_YOUR GOAL:_
Where a line contains the word "inclusive", copy that line from the records below.

◆ ◆ ◆ ◆

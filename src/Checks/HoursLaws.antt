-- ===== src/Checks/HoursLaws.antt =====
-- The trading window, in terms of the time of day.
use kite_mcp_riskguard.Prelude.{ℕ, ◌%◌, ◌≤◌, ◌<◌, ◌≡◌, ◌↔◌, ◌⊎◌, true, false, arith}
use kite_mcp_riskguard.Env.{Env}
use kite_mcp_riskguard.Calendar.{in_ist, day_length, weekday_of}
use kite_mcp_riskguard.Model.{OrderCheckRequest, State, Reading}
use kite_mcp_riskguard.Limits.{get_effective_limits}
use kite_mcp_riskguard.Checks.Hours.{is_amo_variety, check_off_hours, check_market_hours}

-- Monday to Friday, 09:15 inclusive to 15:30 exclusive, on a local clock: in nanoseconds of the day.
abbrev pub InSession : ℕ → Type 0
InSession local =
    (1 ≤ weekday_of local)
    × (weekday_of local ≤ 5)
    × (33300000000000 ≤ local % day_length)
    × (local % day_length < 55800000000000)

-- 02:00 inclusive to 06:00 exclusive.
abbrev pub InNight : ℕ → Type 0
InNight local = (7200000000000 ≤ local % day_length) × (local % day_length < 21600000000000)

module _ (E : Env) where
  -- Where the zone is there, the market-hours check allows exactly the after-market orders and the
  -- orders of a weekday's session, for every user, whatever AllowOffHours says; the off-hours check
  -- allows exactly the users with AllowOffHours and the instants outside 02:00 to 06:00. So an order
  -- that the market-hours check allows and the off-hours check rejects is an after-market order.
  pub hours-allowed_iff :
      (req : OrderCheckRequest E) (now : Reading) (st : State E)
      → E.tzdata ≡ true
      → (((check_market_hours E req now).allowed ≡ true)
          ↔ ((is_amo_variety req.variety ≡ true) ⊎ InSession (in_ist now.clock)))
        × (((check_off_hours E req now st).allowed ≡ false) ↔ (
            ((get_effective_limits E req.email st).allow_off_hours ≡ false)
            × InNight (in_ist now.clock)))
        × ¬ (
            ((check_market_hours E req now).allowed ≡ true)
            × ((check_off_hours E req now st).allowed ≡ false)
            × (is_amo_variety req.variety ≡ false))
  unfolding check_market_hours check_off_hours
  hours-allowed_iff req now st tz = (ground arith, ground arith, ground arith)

◆ ◆ ◆ ◆

_SOLUTION:_
-- Monday to Friday, 09:15 inclusive to 15:30 exclusive, on a local clock: in nanoseconds of the day.
-- 02:00 inclusive to 06:00 exclusive.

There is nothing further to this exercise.